● **ENTRIES PROVIDED**:
* * *
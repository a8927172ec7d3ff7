-- ===== src/Certificate.antt =====
-- internal/certificate/verify.go: what an issued certificate has to satisfy before it is used. The
-- parsing of PEM and X.509, the signature check and SHA-256 are parameters.
pub mod Soundness
use goedge_ip_cert.Prelude.{
  ℕ, String, Bool, true, false, not, ◌&&◌, ◌||◌, Option, none, some, List, [], ◌∷◌, ◌==◌, ◌=s=◌,
  if◌then◌else◌,
}
use goedge_ip_cert.Prelude.Int.{ℤ, ltb_ℤ}
use goedge_ip_cert.Error.{Error, message, wrapped}
use goedge_ip_cert.Action.{Result, ok, err}
use goedge_ip_cert.Ipv4.{Addr, codes, number, parse_public}

-- The fields of x509.Certificate that are read; an IP address is its text.
pub record X509 : Type 0 where
  pub raw : List ℕ
  pub is_ca : Bool
  pub not_before : ℤ
  pub not_after : ℤ
  pub dns_names : List String
  pub ip_addresses : List String
  pub email_addresses : List String
  pub uris : List String
  pub issuer_common_name : String

pub record Verified : Type 0 where
  pub cert_pem : List ℕ
  pub key_pem : List ℕ
  pub not_before : ℤ
  pub not_after : ℤ
  pub dns_names : List String
  pub common_names : List String
  pub fingerprint : String

pub record Crypto : Type 0 where
  -- tls.X509KeyPair and x509.ParseCertificate of each element of the chain
  pub key_pair : List ℕ → List ℕ → Result (List X509)
  -- the first argument's CheckSignatureFrom of the second
  pub check_signature_from : X509 → X509 → Option Error
  -- pem.Decode and x509.ParseCertificate of the first block
  pub parse_first_certificate : List ℕ → Result X509
  -- hex of SHA-256
  pub sha256_hex : List ℕ → String

infixl 5 ◌>>=◌ ◌>>◌
abbrev ◌>>=◌ : {A B : Type 0} → Result A → (A → Result B) → Result B
ok a >>= f = f a
err e >>= f = err e

abbrev ◌>>◌ : {A B : Type 0} → Result A → Result B → Result B
m >> k = m >>= λ _. k

abbrev refuse : Bool → Error → Result (Unit {0})
refuse true e = err e
refuse false e = ok tt

abbrev is_empty {ℓ} : {A : Type ℓ} → List A → Bool
is_empty [] = true
is_empty (_ ∷ _) = false

-- `!now.Before(NotBefore) && now.Before(NotAfter)`
abbrev pub is_valid_at : X509 → ℤ → Bool
is_valid_at leaf now = not (ltb_ℤ now leaf.not_before) && ltb_ℤ now leaf.not_after

-- the only subject alternative name, an IP address
abbrev the_address : X509 → Result String
the_address leaf = elim leaf.ip_addresses [
  | [] ↦ err (message "the SAN must be one IPv4")
  | ip ∷ more ↦
      if is_empty more
        && is_empty leaf.dns_names
        && is_empty leaf.email_addresses
        && is_empty leaf.uris
      then ok ip
      else err (message "the SAN must be one IPv4")
]

same_address : Addr → Result Addr → Result (Unit {0})
same_address requested (err e) = err (message "the IP SAN differs from the requested IPv4")
same_address requested (ok leaf_ip) =
    refuse (not (number leaf_ip == number requested))
      (message "the IP SAN differs from the requested IPv4")

common_names : List X509 → List String
common_names [] = []
common_names (cert ∷ certs) =
    if cert.issuer_common_name =s= ""
    then common_names certs
    else cert.issuer_common_name ∷ common_names certs

module _ (c : Crypto) where
  check_issuer : X509 → Option Error → Result (Unit {0})
  check_issuer issuer (some e) = err (wrapped "a signature of the chain is invalid" e)
  check_issuer issuer none = ok tt

  -- Each certificate but the last is signed by the next, which is a CA.
  unfoldable pub check_chain : X509 → List X509 → Result (Unit {0})
  unfolding check_issuer
  check_chain cert [] = ok tt
  check_chain cert (issuer ∷ rest) = do
    refuse (not issuer.is_ca) (message "an issuer of the chain is not a CA")
    check_issuer issuer (c.check_signature_from cert issuer)
    check_chain issuer rest

  check_leaf : Addr → ℤ → X509 → Result (Unit {0})
  unfolding same_address
  check_leaf requested now leaf = do
    refuse leaf.is_ca (message "the leaf is a CA")
    refuse (not (is_valid_at leaf now)) (message "not yet valid or expired")
    ip ← the_address leaf
    same_address requested (parse_public (codes ip))

  check_certs : List ℕ → List ℕ → String → ℤ → Addr → List X509 → Result Verified
  unfolding check_leaf check_chain common_names
  check_certs cert_pem key_pem ip now requested (leaf ∷ issuer ∷ rest) = do
    check_leaf requested now leaf
    check_chain leaf (issuer ∷ rest)
    ok (record {
      cert_pem = cert_pem;
      key_pem = key_pem;
      not_before = leaf.not_before;
      not_after = leaf.not_after;
      dns_names = ip ∷ [];
      common_names = common_names (leaf ∷ issuer ∷ rest);
      fingerprint = c.sha256_hex leaf.raw;
    })
  check_certs cert_pem key_pem ip now requested _ = err (message "the chain is incomplete")

  -- requested.String() is the text that was asked for, since ParsePublic accepts no other spelling.
  unfoldable pub verify : List ℕ → List ℕ → String → ℤ → Result Verified
  unfolding check_certs
  verify cert_pem key_pem requested_ipv4 now = do
    requested ← parse_public (codes requested_ipv4)
    refuse (is_empty cert_pem || is_empty key_pem) (message "certificate or key is empty")
    certs ← c.key_pair cert_pem key_pem
    check_certs cert_pem key_pem requested_ipv4 now requested certs

  -- lifecycle.fingerprint
  unfoldable pub fingerprint : List ℕ → String
  fingerprint cert_pem = elim (c.parse_first_certificate cert_pem) [
    | ok cert ↦ c.sha256_hex cert.raw
    | err e ↦ ""
  ]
* * *
● **WHAT IS EXPECTED**:
The full listing should be output exactly, line for line.

● **PROBLEM SOLUTION**:
repository a8927172ec7d3ff7
-- ===== src/Certificate.antt =====
-- internal/certificate/verify.go: what an issued certificate has to satisfy before it is used. The
-- parsing of PEM and X.509, the signature check and SHA-256 are parameters.
pub mod Soundness
use goedge_ip_cert.Prelude.{
  ℕ, String, Bool, true, false, not, ◌&&◌, ◌||◌, Option, none, some, List, [], ◌∷◌, ◌==◌, ◌=s=◌,
  if◌then◌else◌,
}
use goedge_ip_cert.Prelude.Int.{ℤ, ltb_ℤ}
use goedge_ip_cert.Error.{Error, message, wrapped}
use goedge_ip_cert.Action.{Result, ok, err}
use goedge_ip_cert.Ipv4.{Addr, codes, number, parse_public}

-- The fields of x509.Certificate that are read; an IP address is its text.
pub record X509 : Type 0 where
  pub raw : List ℕ
  pub is_ca : Bool
  pub not_before : ℤ
  pub not_after : ℤ
  pub dns_names : List String
  pub ip_addresses : List String
  pub email_addresses : List String
  pub uris : List String
  pub issuer_common_name : String

pub record Verified : Type 0 where
  pub cert_pem : List ℕ
  pub key_pem : List ℕ
  pub not_before : ℤ
  pub not_after : ℤ
  pub dns_names : List String
  pub common_names : List String
  pub fingerprint : String

pub record Crypto : Type 0 where
  -- tls.X509KeyPair and x509.ParseCertificate of each element of the chain
  pub key_pair : List ℕ → List ℕ → Result (List X509)
  -- the first argument's CheckSignatureFrom of the second
  pub check_signature_from : X509 → X509 → Option Error
  -- pem.Decode and x509.ParseCertificate of the first block
  pub parse_first_certificate : List ℕ → Result X509
  -- hex of SHA-256
  pub sha256_hex : List ℕ → String

infixl 5 ◌>>=◌ ◌>>◌
abbrev ◌>>=◌ : {A B : Type 0} → Result A → (A → Result B) → Result B
ok a >>= f = f a
err e >>= f = err e

abbrev ◌>>◌ : {A B : Type 0} → Result A → Result B → Result B
m >> k = m >>= λ _. k

abbrev refuse : Bool → Error → Result (Unit {0})
refuse true e = err e
refuse false e = ok tt

abbrev is_empty {ℓ} : {A : Type ℓ} → List A → Bool
is_empty [] = true
is_empty (_ ∷ _) = false

-- `!now.Before(NotBefore) && now.Before(NotAfter)`
abbrev pub is_valid_at : X509 → ℤ → Bool
is_valid_at leaf now = not (ltb_ℤ now leaf.not_before) && ltb_ℤ now leaf.not_after

-- the only subject alternative name, an IP address
abbrev the_address : X509 → Result String
the_address leaf = elim leaf.ip_addresses [
  | [] ↦ err (message "the SAN must be one IPv4")
  | ip ∷ more ↦
      if is_empty more
        && is_empty leaf.dns_names
        && is_empty leaf.email_addresses
        && is_empty leaf.uris
      then ok ip
      else err (message "the SAN must be one IPv4")
]

same_address : Addr → Result Addr → Result (Unit {0})
same_address requested (err e) = err (message "the IP SAN differs from the requested IPv4")
same_address requested (ok leaf_ip) =
    refuse (not (number leaf_ip == number requested))
      (message "the IP SAN differs from the requested IPv4")

common_names : List X509 → List String
common_names [] = []
common_names (cert ∷ certs) =
    if cert.issuer_common_name =s= ""
    then common_names certs
    else cert.issuer_common_name ∷ common_names certs

module _ (c : Crypto) where
  check_issuer : X509 → Option Error → Result (Unit {0})
  check_issuer issuer (some e) = err (wrapped "a signature of the chain is invalid" e)
  check_issuer issuer none = ok tt

  -- Each certificate but the last is signed by the next, which is a CA.
  unfoldable pub check_chain : X509 → List X509 → Result (Unit {0})
  unfolding check_issuer
  check_chain cert [] = ok tt
  check_chain cert (issuer ∷ rest) = do
    refuse (not issuer.is_ca) (message "an issuer of the chain is not a CA")
    check_issuer issuer (c.check_signature_from cert issuer)
    check_chain issuer rest

  check_leaf : Addr → ℤ → X509 → Result (Unit {0})
  unfolding same_address
  check_leaf requested now leaf = do
    refuse leaf.is_ca (message "the leaf is a CA")
    refuse (not (is_valid_at leaf now)) (message "not yet valid or expired")
    ip ← the_address leaf
    same_address requested (parse_public (codes ip))

  check_certs : List ℕ → List ℕ → String → ℤ → Addr → List X509 → Result Verified
  unfolding check_leaf check_chain common_names
  check_certs cert_pem key_pem ip now requested (leaf ∷ issuer ∷ rest) = do
    check_leaf requested now leaf
    check_chain leaf (issuer ∷ rest)
    ok (record {
      cert_pem = cert_pem;
      key_pem = key_pem;
      not_before = leaf.not_before;
      not_after = leaf.not_after;
      dns_names = ip ∷ [];
      common_names = common_names (leaf ∷ issuer ∷ rest);
      fingerprint = c.sha256_hex leaf.raw;
    })
  check_certs cert_pem key_pem ip now requested _ = err (message "the chain is incomplete")

  -- requested.String() is the text that was asked for, since ParsePublic accepts no other spelling.
  unfoldable pub verify : List ℕ → List ℕ → String → ℤ → Result Verified
  unfolding check_certs
  verify cert_pem key_pem requested_ipv4 now = do
    requested ← parse_public (codes requested_ipv4)
    refuse (is_empty cert_pem || is_empty key_pem) (message "certificate or key is empty")
    certs ← c.key_pair cert_pem key_pem
    check_certs cert_pem key_pem requested_ipv4 now requested certs

  -- lifecycle.fingerprint
  unfoldable pub fingerprint : List ℕ → String
  fingerprint cert_pem = elim (c.parse_first_certificate cert_pem) [
    | ok cert ↦ c.sha256_hex cert.raw
    | err e ↦ ""
  ]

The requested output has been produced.